# Piranha Spitting Out Food?



## Fishmaniac (May 2, 2010)

Ok so my baby rbp have not eaten in over a week now, starting right after I redid the while tank. Today it look like they were starting to eat, but everytime I would drop in a piece of shrimp they would eat it, but then spit the food back out, leaving it to sit on the floor. What is going on?!


----------



## MPG (Mar 14, 2010)

My piranha's do it all the time.

The bite off more then they can chew. If you don't seem him eating any of it though I would consider changing the diet up.


----------



## Fishmaniac (May 2, 2010)

Yeah it looks like he's spitting the whole thing out, as it will all fit into his mouth


----------



## Pirambeba (Feb 1, 2010)

My little mac had the same problem, try bloodworms. If that still doesn't work, just be persistent they won't starve themselves.


----------



## Piranha_man (Jan 29, 2005)

What do you mean you _"redid the whole tank?"_

I'm suspecting you tank isn't cycled.


----------



## CLUSTER ONE (Aug 2, 2006)

this is from june.
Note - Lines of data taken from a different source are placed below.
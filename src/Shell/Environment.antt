-- ===== src/Shell/Environment.antt =====
-- The environment block of `shell::create_env`: its strings, and its bounds.
use vx68k_v.Base.{
  ℕ, zero, suc, ◌+◌, ◌-◌, ◌≤◌, ◌<◌, ◌≡◌, ◌∙◌, refl, ap, sym, List, [], ◌∷◌, ◌++◌, length,
  length-append, get_or, ltb, Bool-cases, inl, inr, ltb-lt, ltb-ge, arith, add32, word_32,
}
use vx68k_v.Shell.{WriteMemory, string_size, env_size, write_strings, create_env}

-- The strings one after the other, each with its 0.
abbrev pub joined : List (List ℕ) → List ℕ
joined [] = []
joined (p ∷ ps) = (p ++ (0 ∷ [])) ++ joined ps

joined-size : (ps : List (List ℕ)) → length (joined ps) + 5 ≡ string_size ps
joined-size [] = refl
joined-size (p ∷ ps) =
    omega
      (arith, length-append (p ++ (0 ∷ [])) (joined ps), length-append p (0 ∷ []), joined-size ps)

get_or-left : (a b : List ℕ) (k : ℕ) → k < length a → get_or (a ++ b) k 0 ≡ get_or a k 0
get_or-left [] b k h = absurd (omega (arith, h))
get_or-left (x ∷ a) b zero h = refl
get_or-left (x ∷ a) b (suc k) h = get_or-left a b k (omega (arith, h))

get_or-right : (a b : List ℕ) (k : ℕ) → get_or (a ++ b) (length a + k) 0 ≡ get_or b k 0
get_or-right [] b k = let e : 0 + k ≡ k = omega arith in rw e refl
get_or-right (x ∷ a) b k =
    let e : suc (length a) + k ≡ suc (length a + k) = omega arith in rw e (get_or-right a b k)

module _ (mm : WriteMemory) where
  write_strings-below :
      (address a : ℕ) (ps : List (List ℕ)) (s : mm.State)
      → a < address
      → address + length (joined ps) < word_32
      → mm.get_8 a (write_strings mm address ps s) ≡ mm.get_8 a s
  write_strings-below address a [] s h k = refl
  write_strings-below address a (p ∷ ps) s h k =
      let size = length-append (p ++ (0 ∷ [])) (joined ps) in
      let size' = length-append p (0 ∷ []) in
      let e : add32 address (length p + 1) ≡ address + (length p + 1) =
        omega (arith, size, size', k) in
      rw e (
        write_strings-below (address + (length p + 1)) a ps (mm.write address (p ++ (0 ∷ [])) s)
          (omega (arith, h)) (omega (arith, size, size', k))
        ∙ mm.get-write_below a address (p ++ (0 ∷ [])) s h (omega (arith, size, size', k)))

  write_strings-above :
      (address a : ℕ) (ps : List (List ℕ)) (s : mm.State)
      → address + length (joined ps) ≤ a
      → a < word_32
      → mm.get_8 a (write_strings mm address ps s) ≡ mm.get_8 a s
  write_strings-above address a [] s h k = refl
  write_strings-above address a (p ∷ ps) s h k =
      let size = length-append (p ++ (0 ∷ [])) (joined ps) in
      let size' = length-append p (0 ∷ []) in
      let e : add32 address (length p + 1) ≡ address + (length p + 1) =
        omega (arith, size, size', h, k) in
      rw e (
        write_strings-above (address + (length p + 1)) a ps (mm.write address (p ++ (0 ∷ [])) s)
          (omega (arith, size, size', h)) k
        ∙ mm.get-write_above a address (p ++ (0 ∷ [])) s (omega (arith, size, size', h)) k)

  write_strings-at :
      (address j : ℕ) (ps : List (List ℕ)) (s : mm.State)
      → j < length (joined ps)
      → address + length (joined ps) < word_32
      → mm.get_8 (address + j) (write_strings mm address ps s) ≡ get_or (joined ps) j 0
  write_strings-at address j [] s h k = absurd (omega (arith, h))
  write_strings-at address j (p ∷ ps) s h k =
      let size = length-append (p ++ (0 ∷ [])) (joined ps) in
      let size' = length-append p (0 ∷ []) in
      let e : add32 address (length p + 1) ≡ address + (length p + 1) =
        omega (arith, size, size', k) in
      let t : mm.State = mm.write address (p ++ (0 ∷ [])) s in
      rw e (elim (Bool-cases (ltb j (length (p ++ (0 ∷ []))))) [
        | inl in_first ↦
            let l = ltb-lt j (length (p ++ (0 ∷ []))) in_first in
            write_strings-below (address + (length p + 1)) (address + j) ps t
              (omega (arith, l, size')) (omega (arith, size, size', k))
            ∙ mm.get-write_inside (address + j) address (p ++ (0 ∷ [])) s (omega arith)
                (omega (arith, l)) (omega (arith, size, k))
            ∙ ap (λ i. get_or (p ++ (0 ∷ [])) i 0) (omega arith)
            ∙ sym (get_or-left (p ++ (0 ∷ [])) (joined ps) j l)
        | inr behind ↦
            let g = ltb-ge j (length (p ++ (0 ∷ []))) behind in
            let rest : ℕ = j - length (p ++ (0 ∷ [])) in
            ap (λ b. mm.get_8 b (write_strings mm (address + (length p + 1)) ps t))
              (omega (arith, g, size'))
            ∙ write_strings-at (address + (length p + 1)) (j - length (p ++ (0 ∷ []))) ps t
                (omega (arith, g, h, size)) (omega (arith, size, size', k))
            ∙ sym (get_or-right (p ++ (0 ∷ [])) (joined ps) (j - length (p ++ (0 ∷ []))))
            ∙ ap (λ i. get_or ((p ++ (0 ∷ [])) ++ joined ps) i 0) (omega (arith, g))
      ])

  -- Where the strings fit in 32 bits and the block of `env_size` bytes at `env` ends below 2^32:
  -- the strings stand one after the other from `env` + 4 on, each with its 0, no byte behind the
  -- last string, an empty one to end them included, and none below the block is changed, and 0x200
  -- bytes of the block at least stay free.
  pub create_env-strings :
      (env : ℕ) (envp : List (List ℕ)) (s : mm.State)
      → string_size envp + 0x3ff < word_32
      → env + env_size envp < word_32
      → ((j : ℕ)
          → j < length (joined envp)
          → mm.get_8 (env + 4 + j) (create_env mm env envp s) ≡ get_or (joined envp) j 0)
        × ((a : ℕ)
            → env + 4 + length (joined envp) ≤ a
            → a < word_32
            → mm.get_8 a (create_env mm env envp s) ≡ mm.get_8 a s)
        × ((a : ℕ) → a < env → mm.get_8 a (create_env mm env envp s) ≡ mm.get_8 a s)
        × (4 + length (joined envp) + 0x200 ≤ env_size envp)
  unfolding create_env
  create_env-strings env envp s h k =
      let size = joined-size envp in
      let room : 4 + length (joined envp) + 0x200 ≤ env_size envp = omega (arith, size, h) in
      let e : add32 env 4 ≡ env + 4 = omega (arith, room, k) in
      let t : mm.State = mm.put_32 env (env_size envp) s in
      rw e (
        λ j l. write_strings-at (env + 4) j envp t l (omega (arith, room, k)),
        λ a g l.
            write_strings-above (env + 4) a envp t g l
            ∙ mm.get-put_32_apart a env (env_size envp) s (omega (arith, g)) l,
        λ a l.
            write_strings-below (env + 4) a envp t (omega (arith, l)) (omega (arith, room, k))
            ∙ mm.get-put_32_below a env (env_size envp) s l (omega (arith, room, k)),
        room,
      )
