-- ===== src/Shell/Examples.antt =====
-- The theorem on `create_env` of shell.cc at two strings in a memory of bytes.
use vx68k_v.Base.{
  ℕ, ◌+◌, ◌-◌, ◌/◌, ◌%◌, ◌≤◌, ◌<◌, ◌≡◌, List, [], ◌∷◌, length, get_or, leb, ltb, ◌==◌, ◌&&◌,
  if◌then◌else◌, arith, word_32,
}
use vx68k_v.Shell.{WriteMemory, env_size, create_env}
use vx68k_v.Shell.Environment.{create_env-strings}

abbrev put_8 : ℕ → ℕ → (ℕ → ℕ) → ℕ → ℕ
put_8 a v s i = if i == a then v else s i

abbrev put_32 : ℕ → ℕ → (ℕ → ℕ) → ℕ → ℕ
put_32 a v s i =
    if i == a
    then v / 16777216
    else if i == a + 1
    then v / 65536 % 256
    else if i == a + 2
    then v / 256 % 256
    else if i == a + 3
    then v % 256
    else s i

abbrev write : ℕ → List ℕ → (ℕ → ℕ) → ℕ → ℕ
write b l s i = if leb b i && ltb i (b + length l) then get_or l (i - b) 0 else s i

abbrev byte_memory : WriteMemory
byte_memory = record {
  State = ℕ → ℕ;
  get_8 = λ a s. s a;
  put_8 = put_8;
  put_32 = put_32;
  write = write;
  get-write_inside = λ a b l s h k m. ground arith;
  get-write_below = λ a b l s h m. ground arith;
  get-write_above = λ a b l s h m. ground arith;
  get-put_32_apart = λ a b v s h m. ground arith;
  get-put_32_below = λ a b v s h m. ground arith;
}

-- "A=" and "B".
abbrev strings : List (List ℕ)
strings = (0x41 ∷ 0x3d ∷ []) ∷ (0x42 ∷ []) ∷ []

create_env-strings_example :
    ((j : ℕ)
      → j < 5
      → create_env byte_memory 0x9000 strings (λ a. 0xff) (0x9004 + j)
        ≡ get_or (0x41 ∷ 0x3d ∷ 0 ∷ 0x42 ∷ 0 ∷ []) j 0)
    × ((a : ℕ)
        → 0x9009 ≤ a
        → a < word_32
        → create_env byte_memory 0x9000 strings (λ a. 0xff) a ≡ 0xff)
    × ((a : ℕ) → a < 0x9000 → create_env byte_memory 0x9000 strings (λ a. 0xff) a ≡ 0xff)
    × (0x209 ≤ env_size strings)
create_env-strings_example =
    create_env-strings byte_memory 0x9000 strings (λ a. 0xff) (omega arith) (omega arith)
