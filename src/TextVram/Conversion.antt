-- ===== src/TextVram/Conversion.antt =====
-- The Shift-JIS conversions of textvram.cc and fontrom.cc against the order of the two code tables.
use vx68k_v.Base.{
  ℕ, ◌+◌, ◌-◌, ◌*◌, ◌≤◌, ◌<◌, ◌≡◌, ◌≢◌, ◌⊎◌, true, arith, leb, if◌then◌else◌, bits, sym, ap, ◌∙◌,
}
use vx68k_v.TextVram.Sjis.{is_lead, draw_code, font_code}

-- The two bytes of a Shift-JIS character.
pub record IsSjis (ch1 ch2 : ℕ) : Type 0 where
  pub lead : (0x81 ≤ ch1 × ch1 ≤ 0x9f) ⊎ (0xe0 ≤ ch1 × ch1 ≤ 0xef)
  pub trail : (0x40 ≤ ch2 × ch2 ≤ 0x7e) ⊎ (0x80 ≤ ch2 × ch2 ≤ 0xfc)

-- The place of the bytes among the lead bytes and among the 188 trail bytes.
abbrev pub lead_index : ℕ → ℕ
lead_index ch1 = if leb 0xe0 ch1 then ch1 - 0xc1 else ch1 - 0x81

abbrev pub trail_index : ℕ → ℕ
trail_index ch2 = if leb 0x80 ch2 then ch2 - 0x41 else ch2 - 0x40

-- A row and a column of the 94 by 94 table of JIS X 0208.
abbrev pub IsJis : ℕ × ℕ → Type 0
IsJis c = (0x21 ≤ c.0) × (c.0 ≤ 0x7e) × (0x21 ≤ c.1) × (c.1 ≤ 0x7e)

abbrev pub jis_index : ℕ × ℕ → ℕ
jis_index c = (c.0 - 0x21) * 94 + (c.1 - 0x21)

-- The conversion of `iocs_fntadr` and `iocs_fntget` takes every Shift-JIS character into the table,
-- to the place that it has in the order of the Shift-JIS characters.
pub font_code-jis_index :
    (ch1 ch2 : ℕ)
    → IsSjis ch1 ch2
    → IsJis (font_code ch1 ch2)
      × (jis_index (font_code ch1 ch2) ≡ lead_index ch1 * 188 + trail_index ch2)
unfolding font_code
font_code-jis_index ch1 ch2 s = ground arith

high_byte : (a b : ℕ) → a < 256 → b < 256 → bits (a * 256 + b) 8 8 ≡ a
high_byte a b h k = omega arith

low_byte : (a b : ℕ) → b < 256 → bits (a * 256 + b) 0 8 ≡ b
low_byte a b h = omega arith

-- The conversion of `draw_char` on the code of a character agrees with it.
draw_code-font_code :
    (ch1 ch2 : ℕ) → IsSjis ch1 ch2 → draw_code (ch1 * 256 + ch2) ≡ font_code ch1 ch2
unfolding draw_code font_code
draw_code-font_code ch1 ch2 s =
    rw (high_byte ch1 ch2 (ground arith) (ground arith), low_byte ch1 ch2 (ground arith))
      (ground arith)

index_bounds : (ch1 ch2 : ℕ) → IsSjis ch1 ch2 → (lead_index ch1 < 47) × (trail_index ch2 < 188)
index_bounds ch1 ch2 s = ground arith

-- Different characters go to different places.
pub font_code_injective :
    (a b c d : ℕ) → IsSjis a b → IsSjis c d → font_code a b ≡ font_code c d → (a ≡ c) × (b ≡ d)
font_code_injective a b c d s t e =
    let same : lead_index a * 188 + trail_index b ≡ lead_index c * 188 + trail_index d =
      sym (font_code-jis_index a b s).1 ∙ ap jis_index e ∙ (font_code-jis_index c d t).1 in
    let left = index_bounds a b s in
    let right = index_bounds c d t in
    let rows : lead_index a ≡ lead_index c = omega (arith, same, left, right) in
    let cols : trail_index b ≡ trail_index d = omega (arith, same, rows) in
    (ground (arith, s.lead, t.lead, rows), ground (arith, s.trail, t.trail, cols))

-- With a second byte below 0x40 the two conversions part: `draw_char` computes with signed numbers
-- and stays in the first row of the pair, `iocs_fntadr` wraps and takes the second.
pub draw_code-ne-font_code :
    (ch1 ch2 : ℕ)
    → is_lead ch1 ≡ true
    → ch2 < 0x40
    → draw_code (ch1 * 256 + ch2) ≢ font_code ch1 ch2
unfolding draw_code font_code
draw_code-ne-font_code ch1 ch2 l h =
    rw (high_byte ch1 ch2 (ground arith) (omega arith), low_byte ch1 ch2 (omega arith))
      (ground arith)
Don't you love when the OP just stops posting and doesn't even bother to update?


----------



## Piranha_man (Jan 29, 2005)

Ah yeah... I didn't even notice the date.

Wonder how everything turned out...


----------



## Fishmaniac (May 2, 2010)

Ah yes sorry about that. Oh the piranhas died a while back...they never did start eating again. Wate parameters were perfect, but there just must have been something wrong that I couldn't fathom...oh well, we all learn from our mistakes I suppose


----------